The answer should consist of each line from the data below that includes "swap".

▶

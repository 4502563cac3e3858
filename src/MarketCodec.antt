-- ===== src/MarketCodec.antt =====
-- book/market.c: markets as protobuf messages, and the search in a list of markets. The protobuf
-- library ("protobuf.h" is not in the repository) is the parameter `pb`: a record of the functions
-- called, each giving nothing where the C function returns 0. A buffer is the bytes written so far.
mod Wire
pub mod Fits
pub mod RoundTrip
pub mod Search
pub mod Plain
mod Tests
pub use Wire.{WireType, length_delimited, varint, Protobuf, Encodes, IsProtobuf}
use ken_code_de_bridge.Base.{
  Bool, Bytes, Floats, List, Option, Outcome, [], deref, drop, equal, false, if◌then◌else◌, length,
  ltb, none, ok, out_of_fuel, set, some, suc, true, zero, ℕ, ◌++◌, ◌+◌, ◌-◌, ◌==◌, ◌>>=◌, ◌∷◌,
}
use ken_code_de_bridge.Book.{Market, market_new}

module _ {D : Type 0} (floats : Floats D) where
  -- `strlen` of NULL is undefined.
  unfoldable pub market_protobuf_encode_size : Market D → Outcome ℕ
  market_protobuf_encode_size market = do
    base ← deref market.base_currency
    quoted ← deref market.market_currency
    ok (length base + 11 + (length quoted + 11) + 11)

  unfoldable pub market_list_protobuf_encode_size : List (Market D) → Outcome ℕ
  unfolding market_protobuf_encode_size
  market_list_protobuf_encode_size [] = ok 0
  market_list_protobuf_encode_size (current ∷ rest) = do
    size ← market_protobuf_encode_size current
    later ← market_list_protobuf_encode_size rest
    ok (size + 11 + later)

  -- `(unsigned long long)(market->fee * 1000)`, and back.
  abbrev pub fee_as_int : D → ℕ
  fee_as_int fee = floats.to_u64 (floats.mul fee (floats.literal 1000 0))

  abbrev pub fee_of_int : ℕ → D
  fee_of_int n = floats.div (floats.of_u64 n) (floats.literal 1000 0)

module _ {D : Type 0} (floats : Floats D) (pb : Protobuf) where
  -- A call that appends to the buffer: without room the function returns 0 there.
  write_then : Option Bytes → Bytes → (Bytes → Outcome (Bool × Bytes)) → Outcome (Bool × Bytes)
  write_then none written next = ok (false, written)
  write_then (some used) written next = next (written ++ used)

  -- The returned flag, and the bytes written into the buffer.
  unfoldable pub market_protobuf_encode : Market D → ℕ → Outcome (Bool × Bytes)
  unfolding write_then
  market_protobuf_encode market max = do
    base ← deref market.base_currency
    write_then (pb.encode_string 1 length_delimited base max) [] λ b. do
      quoted ← deref market.market_currency
      write_then (pb.encode_string 2 length_delimited quoted (max - length b)) b λ c.
          write_then (pb.encode_varint 3 varint (fee_as_int floats market.fee) (max - length c)) c
            λ d. ok (true, d)

  -- What the loop does with the message of one market.
  append_message :
      Bool × Bytes → ℕ → Bytes → (Bytes → Outcome (Bool × Bytes)) → Outcome (Bool × Bytes)
  append_message (false, message) max written next = ok (false, written)
  append_message (true, message) max written next =
      write_then (pb.encode_length_delimited 1 length_delimited message (max - length written))
        written next

  encode_loop : List (Market D) → ℕ → Bytes → Outcome (Bool × Bytes)
  encode_loop [] max written = ok (true, written)
  encode_loop (current ∷ rest) max written = do
    market_len ← market_protobuf_encode_size floats current
    encoded ← market_protobuf_encode current market_len
    append_message encoded max written λ longer. encode_loop rest max longer

  unfoldable pub market_list_protobuf_encode : List (Market D) → ℕ → Outcome (Bool × Bytes)
  unfolding encode_loop append_message write_then market_protobuf_encode_size market_protobuf_encode
  market_list_protobuf_encode head max = encode_loop head max []

  -- The switch on the field's number: the market, and how many bytes were read; any other field
  -- reads none.
  string_field : Option (Bytes × ℕ) → (Bytes → Market D) → Option (Market D × ℕ)
  string_field none set = none
  string_field (some (str, read)) set = some (set str, read)

  fee_field : Option (ℕ × ℕ) → Market D → Option (Market D × ℕ)
  fee_field none m = none
  fee_field (some (n, read)) m = some (record m { fee = fee_of_int floats n }, read)

  decode_field : ℕ → Bytes → ℕ → Market D → Option (Market D × ℕ)
  decode_field field_no bytes len m =
      if field_no == 1
      then string_field (pb.decode_string bytes len) (λ str. record m { base_currency = some str })
      else if field_no == 2
      then string_field (pb.decode_string bytes len)
          (λ str. record m { market_currency = some str })
      else if field_no == 3
      then fee_field (pb.decode_varint bytes len) m
      else some (m, 0)

  -- The loop. `decode_field_and_type` is told the length of the whole buffer. A failure gives
  -- `none`.
  decode_loop : ℕ → Bytes → ℕ → ℕ → Market D → Outcome (Option (Market D))
  decode_loop zero buffer buffer_length at m = out_of_fuel
  decode_loop (suc fuel) buffer buffer_length at m =
      let round : Outcome (Option (Market D)) =
        elim (pb.decode_field_and_type (drop at buffer) buffer_length) [
          | none ↦ ok none
          | some (field_no, type, bytes_read) ↦
              let inner = at + bytes_read in
              elim (decode_field field_no (drop inner buffer) (buffer_length - inner) m) [
                | none ↦ ok none
                | some (m', more) ↦ decode_loop fuel buffer buffer_length (inner + more) m'
              ]
        ] in
      if ltb at buffer_length then round else ok (some m)

  unfoldable pub market_protobuf_decode : Bytes → ℕ → Outcome (Option (Market D))
  unfolding decode_loop decode_field string_field fee_field
  market_protobuf_decode buffer buffer_length =
      decode_loop (suc buffer_length) buffer buffer_length 0 (market_new floats)

  with_length : Option (Market D) → ℕ → Option (Market D × ℕ)
  with_length none n = none
  with_length (some m) n = some (m, n)

  -- One "market" object of the list.
  take_market : Option (Bytes × ℕ) → Outcome (Option (Market D × ℕ))
  take_market none = ok none
  take_market (some (market_buffer, bytes_read)) = do
    decoded ← market_protobuf_decode market_buffer (length market_buffer)
    ok (with_length decoded bytes_read)

  append_taken : Option (Market D × ℕ) → List (Market D) → Option (List (Market D) × ℕ)
  append_taken none markets = none
  append_taken (some (m, read)) markets = some (markets ++ m ∷ [], read)

  -- Any other field leaves `bytes_read` as the header set it, which is then added once more.
  list_field : ℕ → Bytes → ℕ → ℕ → List (Market D) → Outcome (Option (List (Market D) × ℕ))
  list_field field_no bytes len header_read markets =
      let appended = do
        taken ← take_market (pb.decode_length_delimited bytes len)
        ok (append_taken taken markets)
      in if field_no == 1 then appended else ok (some (markets, header_read))

  list_loop : ℕ → Bytes → ℕ → ℕ → List (Market D) → Outcome (Option (List (Market D)))
  list_loop zero buffer buffer_length at markets = out_of_fuel
  list_loop (suc fuel) buffer buffer_length at markets =
      let round : Outcome (Option (List (Market D))) =
        elim (pb.decode_field_and_type (drop at buffer) buffer_length) [
          | none ↦ ok none
          | some (field_no, type, bytes_read) ↦ do
            let inner = at + bytes_read
            taken ←
                list_field field_no (drop inner buffer) (buffer_length - inner) bytes_read markets
            elim taken [
              | none ↦ ok none
              | some (markets', more) ↦ list_loop fuel buffer buffer_length (inner + more) markets'
            ]
        ] in
      if ltb at buffer_length then round else ok (some markets)

  unfoldable pub market_list_protobuf_decode : Bytes → ℕ → Outcome (Option (List (Market D)))
  unfolding list_loop list_field append_taken take_market with_length market_protobuf_decode
  market_list_protobuf_decode buffer buffer_length =
      list_loop (suc buffer_length) buffer buffer_length 0 []

-- The search stops at the first market with both names; a NULL name faults in `strcmp`. The second
-- name is compared only where the first is equal.
unfoldable pub market_get :
    {D : Type 0} → List (Market D) → Bytes → Bytes → Outcome (Option (Market D))
unfolding equal
market_get [] base_currency market_currency = ok none
market_get (current ∷ next) base_currency market_currency =
    let rest = market_get next base_currency market_currency in
    let second = do
      quoted ← deref current.market_currency
      if equal quoted market_currency then ok (some current) else rest
    in do base ← deref current.base_currency; if equal base base_currency then second else rest
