-- ===== src/Graph/Waits/Live.antt =====
-- What `is_live` of src/kernel/kernel.rs decides: the least property that a task has when it is
-- wanted, its run has not ended, and each dep is satisfied or has the property itself.
use dekit.Prelude.{
  ℕ, zero, suc, ◌+◌, ◌≡◌, refl, Bool, true, false, not, ◌&&◌, Bool-cases, inl, inr, some,
  Option-cases, List, [], ◌∷◌, contains, arith, subst, ◌==◌, ==_refl, ==_iff,
}
use dekit.Task.{TaskHandle, has_ended}
use dekit.Graph.State.{Graph, get_task, deps_of}
use dekit.Graph.Waits.{satisfied_task, deps_serve, is_live}

pub data Live {S T N : Type 0} (g : Graph S T N) : ℕ → Type 0 where
  live :
      (id : ℕ) (t : TaskHandle S T)
      → get_task g id ≡ some t
      → t.wanted ≡ true
      → has_ended t ≡ false
      → ((dep : ℕ)
          → contains dep (deps_of g id) ≡ true
          → satisfied_task (get_task g dep) ≡ false
          → Live g dep)
      → Live g id

module _ {S T N : Type 0} (g : Graph S T N) where
  deps_serve_sound :
      (p : ℕ → Bool)
      → ((dep : ℕ) → p dep ≡ true → Live g dep)
      → (deps : List ℕ) → deps_serve p g deps ≡ true
      → (dep : ℕ) → contains dep deps ≡ true
      → satisfied_task (get_task g dep) ≡ false
      → Live g dep
  deps_serve_sound p sound [] e dep m n = absurd (cc)
  deps_serve_sound p sound (d ∷ deps) e dep m n = elim (Bool-cases (d == dep)) [
    | inl same ↦
        (let is : d ≡ dep = (==_iff d dep).0 same in
          let unsat : satisfied_task (get_task g d) ≡ false = rw is n in
          subst (Live g) is (sound d (ground arith)))
    | inr other ↦ deps_serve_sound p sound deps (ground arith) dep (rw other at m) n
  ]

  is_live_sound : (fuel : ℕ) (id : ℕ) → is_live fuel g id ≡ true → Live g id
  unfolding is_live
  is_live_sound zero id e = absurd (cc)
  is_live_sound (suc fuel) id e = elim (Option-cases (get_task g id)) [
    | inl gone ↦ absurd (let no = rw (is_live, gone) at e in cc)
    | inr (t, at) ↦
        (let all = rw (is_live, at) at e in
          live id t at (ground arith) (ground arith)
            (deps_serve_sound (is_live fuel g) (is_live_sound fuel) (deps_of g id) (ground arith)))
  ]

  deps_serve_complete :
      (p : ℕ → Bool) (deps : List ℕ)
      → ((dep : ℕ)
          → contains dep deps ≡ true
          → satisfied_task (get_task g dep) ≡ false
          → p dep ≡ true)
      → deps_serve p g deps ≡ true
  deps_serve_complete p [] c = refl
  deps_serve_complete p (d ∷ deps) c =
      let rest = deps_serve_complete p deps (λ dep m. c dep (ground arith)) in
      elim (Bool-cases (satisfied_task (get_task g d))) [
        | inl sat ↦ rw (sat, rest) refl
        | inr unsat ↦ rw (unsat, c d (rw (==_refl d) refl) unsat, rest) refl
      ]

  deps_serve_more :
      (p q : ℕ → Bool)
      → ((dep : ℕ) → p dep ≡ true → q dep ≡ true)
      → (deps : List ℕ) → deps_serve p g deps ≡ true
      → deps_serve q g deps ≡ true
  deps_serve_more p q more [] e = refl
  deps_serve_more p q more (d ∷ deps) e = ground (arith, more d, deps_serve_more p q more deps)

  is_live_step :
      (fuel : ℕ) (id : ℕ) (t : TaskHandle S T)
      → get_task g id ≡ some t
      → is_live (suc fuel) g id
        ≡ (t.wanted && not (has_ended t) && deps_serve (is_live fuel g) g (deps_of g id))
  unfolding is_live
  is_live_step fuel id t at = rw (is_live, at) refl

  -- More fuel finds no less.
  is_live_more : (fuel k : ℕ) (id : ℕ) → is_live fuel g id ≡ true → is_live (fuel + k) g id ≡ true
  unfolding is_live
  is_live_more zero k id e = absurd (cc)
  is_live_more (suc fuel) k id e = elim (Option-cases (get_task g id)) [
    | inl gone ↦ absurd (let no = rw (is_live, gone) at e in cc)
    | inr (t, at) ↦
        (let sum : suc fuel + k ≡ suc (fuel + k) = omega arith in
          let was = rw (is_live_step fuel id t at) at e in
          let serve =
            deps_serve_more (is_live fuel g) (is_live (fuel + k) g) (is_live_more fuel k)
              (deps_of g id) (ground arith) in
          rw (sum, is_live_step (fuel + k) id t at) (ground arith))
  ]

  gather :
      (deps : List ℕ)
      → ((dep : ℕ)
          → contains dep deps ≡ true
          → satisfied_task (get_task g dep) ≡ false
          → (n : ℕ) × (is_live n g dep ≡ true))
      → (n : ℕ) × (deps_serve (is_live n g) g deps ≡ true)
  gather [] f = (0, refl)
  gather (d ∷ deps) f =
      let (n, rest) = gather deps (λ dep m. f dep (ground arith)) in
      elim (Bool-cases (satisfied_task (get_task g d))) [
        | inl sat ↦ (n, rw (sat, rest) refl)
        | inr unsat ↦
            (let (k, found) = f d (rw (==_refl d) refl) unsat in
              let here : is_live (k + n) g d ≡ true = is_live_more k n d found in
              let swap : n + k ≡ k + n = omega arith in
              let there : deps_serve (is_live (k + n) g) g deps ≡ true =
                deps_serve_more (is_live n g) (is_live (k + n) g)
                  (λ dep e. subst (λ m. is_live m g dep ≡ true) swap (is_live_more n k dep e)) deps
                  rest in
              (k + n, rw (unsat, here, there) refl))
      ]

  is_live_complete : (id : ℕ) → Live g id → (n : ℕ) × (is_live n g id ≡ true)
  is_live_complete _ (live id t at w e f) =
      let (n, serve) = gather (deps_of g id) (λ dep m u. is_live_complete dep (f dep m u)) in
      (suc n, rw (is_live_step n id t at) (ground arith))

  -- The code finds a task live exactly when it is: what it says is so, whatever the depth that it
  -- looks to; for a live task some depth is enough, and so is every greater one.
  pub is_live_iff :
      (id : ℕ)
      → ((fuel : ℕ) → is_live fuel g id ≡ true → Live g id)
        × (Live g id → (n : ℕ) × ((k : ℕ) → is_live (n + k) g id ≡ true))
  is_live_iff id = (
    (λ fuel. is_live_sound fuel id),
    (λ l. let (n, e) = is_live_complete id l in (n, λ k. is_live_more n k id e)),
  )
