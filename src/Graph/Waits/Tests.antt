-- ===== src/Graph/Waits/Tests.antt =====
-- The theorems about waits at a concrete graph: a service that is ready, and one that needs it and
-- is not running.
use dekit.Prelude.{ℕ, ◌+◌, ◌≡◌, ◌↔◌, refl, true, false, none, some, List, [], ◌∷◌, All}
use dekit.Prelude.Maps.{lookup}
use dekit.Task.{TaskHandle, TaskState, idle, ready, service, immediate, never, is_satisfied}
use dekit.Graph.State.{Graph, get_task}
use dekit.Graph.Waits.{
  Standing, met, ready_cond, met_verdict, any_mark, wait_verdict, is_as_asked, is_live,
  wait_standing, standings, wait_verdict_met, wait_verdict-standings,
}
use dekit.Graph.Waits.Live.{Live, is_live_iff}

abbrev in_state : TaskState → TaskHandle ℕ ℕ
in_state s = record {
  task = 0;
  state = s;
  epoch = 1;
  vetoed = false;
  killed = false;
  attempts = 0;
  last_start = none;
  deadline = none;
  wanted = true;
  supported = true;
  wanted_parents = 1;
  active_dependents = 0;
  start_failed = false;
  stop_timed_out = false;
  saved_pin = false;
  kind = service;
  ready_mode = immediate;
  stop_timeout = 5;
  next = none;
  restart = never;
  space = [];
  path = none;
  label = none;
  spec = some 7;
}

abbrev two_tasks : Graph ℕ ℕ ℕ
two_tasks = record {
  quitting = false;
  tasks = (1, in_state ready) ∷ (2, in_state idle) ∷ [];
  edges = (2, 1 ∷ []) ∷ [];
  redges = (1, 2 ∷ []) ∷ [];
  ns = 0;
  dirty = [];
  in_queue = [];
  now = 0;
  timer_changes = [];
  pending_effects = [];
  state_changed = false;
  transitions = [];
  panicked = false;
}

abbrev two_standings : List Standing
two_standings = standings 5 two_tasks ready_cond (1 ∷ 2 ∷ [])

wait_verdict_met_example :
    (wait_verdict ready_cond two_standings ≡ some met_verdict)
    ↔ All (λ s. s.mark ≡ met) two_standings
wait_verdict_met_example = wait_verdict_met ready_cond two_standings

wait_verdict-standings_example :
    All (λ id. is_as_asked (get_task two_tasks id) ready_cond ≡ true) (1 ∷ [])
wait_verdict-standings_example =
    wait_verdict-standings 5 two_tasks ready_cond (1 ∷ [])
      (unfold wait_verdict standings wait_standing any_mark lookup is_satisfied in refl)

is_live_iff_example :
    ((fuel : ℕ) → is_live fuel two_tasks 2 ≡ true → Live two_tasks 2)
    × (Live two_tasks 2 → (n : ℕ) × ((k : ℕ) → is_live (n + k) two_tasks 2 ≡ true))
is_live_iff_example = is_live_iff two_tasks 2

◀

§ **Written answer**
              let swap : n + k ≡ k + n = omega arith in
                  (λ dep e. subst (λ m. is_live m g dep ≡ true) swap (is_live_more n k dep e)) deps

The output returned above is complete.